**MATERIAL PROVIDED:**
++++++++++

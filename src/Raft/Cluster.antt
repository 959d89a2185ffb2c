-- ===== src/Raft/Cluster.antt =====
-- A cluster of peers and its messages in flight (src/raft/raft.go): a vote round for each execution of
-- `RequestVote`, with one call to each other peer, and the requests to append that were sent. Any
-- step may come next; a message may be delayed for ever, and a request to append repeated. Replies to
-- a request to append are arbitrary. Peers keep their memory: a crash is not modelled.
pub mod Counts
pub mod Ghost
pub mod Votes
pub mod Handlers
pub mod Rounds
pub mod Moves
pub mod Elections
pub mod Rooted
pub mod Effects
pub mod Logs
pub mod Advances
pub mod Matching
pub mod Examples
use mit_distribution.Base.{
  ℕ, ◌+◌, ◌<◌, ◌≡◌, ◌≢◌, Bool, true, false, Option, none, some, List, [], ◌==◌, if◌then◌else◌,
}
use mit_distribution.Base.{update}
use mit_distribution.Raft.State.{Raft, is_leader, make}
use mit_distribution.Raft.Vote.{
  RequestVoteArgs, RequestVoteReply, request_vote_args, request_vote_reply, on_vote_reply,
}
use mit_distribution.Raft.Append.{RequestAppendEntriesArgs, request_append_entries_reply}
use mit_distribution.Raft.Replicate.{request_args}
use mit_distribution.Raft.Step.{Event, step}
use mit_distribution.Raft.Step.{
  starts, vote_asked, vote_answered, append_asked, append_answered, applies, times_out, is_killed,
}

-- One call of a vote round: not yet handled by the other peer, handled, and its reply seen by the
-- goroutine that waits for it.
pub data Call : Type 0 where
  pending : Call
  answered : RequestVoteReply → Call
  consumed : RequestVoteReply → Call

-- One execution of `RequestVote`; `votes` is its variable `voteNum`.
pub record Round : Type 0 where
  pub args : RequestVoteArgs
  pub votes : ℕ
  pub call : ℕ → Call

-- The peers, the rounds and the requests to append, each by a number; a slot may be free.
pub record System (A : Type 0) : Type 0 where
  pub peer : ℕ → Raft A
  pub round : ℕ → Option Round
  pub sent : ℕ → Option (RequestAppendEntriesArgs A)

-- Events that need no message of the model: a reply to a request to append may be any reply.
abbrev pub is_local : {A : Type 0} → Event A → Bool
is_local (vote_asked args) = false
is_local (vote_answered args reply votes) = false
is_local (append_asked args) = false
is_local ev = true

abbrev pub initial : {A : Type 0} → ℕ → System A
initial n = record { peer = λ i. make n i []; round = λ r. none; sent = λ k. none }

abbrev pub open_round : {A : Type 0} → Raft A → Round
open_round rf = record { args = request_vote_args rf; votes = 1; call = λ j. pending }

-- A vote request reaches a peer, which handles it.
abbrev pub deliver : {A : Type 0} → System A → ℕ → Round → ℕ → System A
deliver s r rd j =
    let (rf', reply) = request_vote_reply rd.args (s.peer j) in
    record s {
      peer = update s.peer j rf';
      round = update s.round r (some (record rd { call = update rd.call j (answered reply) }));
    }

-- The reply reaches the candidate, and the goroutine of the call handles it.
abbrev pub tally : {A : Type 0} → System A → ℕ → Round → ℕ → RequestVoteReply → System A
tally s r rd j reply =
    let c = rd.args.candidate_id in
    let (rf', votes') = on_vote_reply rd.args reply (s.peer c) rd.votes in
    record s {
      peer = update s.peer c rf';
      round =
          update s.round r
            (some (record rd { votes = votes'; call = update rd.call j (consumed reply) }));
    }

-- With `prompt`, the goroutines of `RequestHeartBeat` reach their critical section while the peer that
-- started them still leads. The code does not check this.
pub data Step {A : Type 0} (prompt : Bool) (n : ℕ) (s : System A) : System A → Type 0 where
  acts :
      (i : ℕ) (ev : Event A) {rf' : Raft A}
      → i < n
      → is_local ev ≡ true
      → step ev (s.peer i) ≡ some rf'
      → Step prompt n s (record s { peer = update s.peer i rf' })
  asks :
      (i r : ℕ)
      → i < n
      → s.round r ≡ none
      → Step prompt n s (record s { round = update s.round r (some (open_round (s.peer i))) })
  delivers :
      (r j : ℕ) (rd : Round)
      → j < n
      → s.round r ≡ some rd
      → j ≢ rd.args.candidate_id
      → rd.call j ≡ pending
      → Step prompt n s (deliver s r rd j)
  tallies :
      (r j : ℕ) (rd : Round) (reply : RequestVoteReply)
      → j < n
      → s.round r ≡ some rd
      → rd.call j ≡ answered reply
      → Step prompt n s (tally s r rd j reply)
  sends :
      (i server k : ℕ) {args : RequestAppendEntriesArgs A}
      → i < n
      → (prompt ≡ true → is_leader (s.peer i).state ≡ true)
      → request_args server (s.peer i) ≡ some args
      → s.sent k ≡ none
      → Step prompt n s (record s { sent = update s.sent k (some args) })
  appends :
      (k j : ℕ) (args : RequestAppendEntriesArgs A)
      → j < n
      → s.sent k ≡ some args
      → Step prompt n s
          (record s { peer = update s.peer j (request_append_entries_reply args (s.peer j)).0 })

pub data Reach {A : Type 0} (prompt : Bool) (n : ℕ) : System A → Type 0 where
  start : Reach prompt n (initial n)
  later : {s t : System A} → Reach prompt n s → Step prompt n s t → Reach prompt n t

++++++++++

**TASK OBJECTIVE:** Among the lines above, list those that contain the word "Option".

**TASK OUTPUT:**
  ℕ, ◌+◌, ◌<◌, ◌≡◌, ◌≢◌, Bool, true, false, Option, none, some, List, [], ◌==◌, if◌then◌else◌,
  pub round : ℕ → Option Round
  pub sent : ℕ → Option (RequestAppendEntriesArgs A)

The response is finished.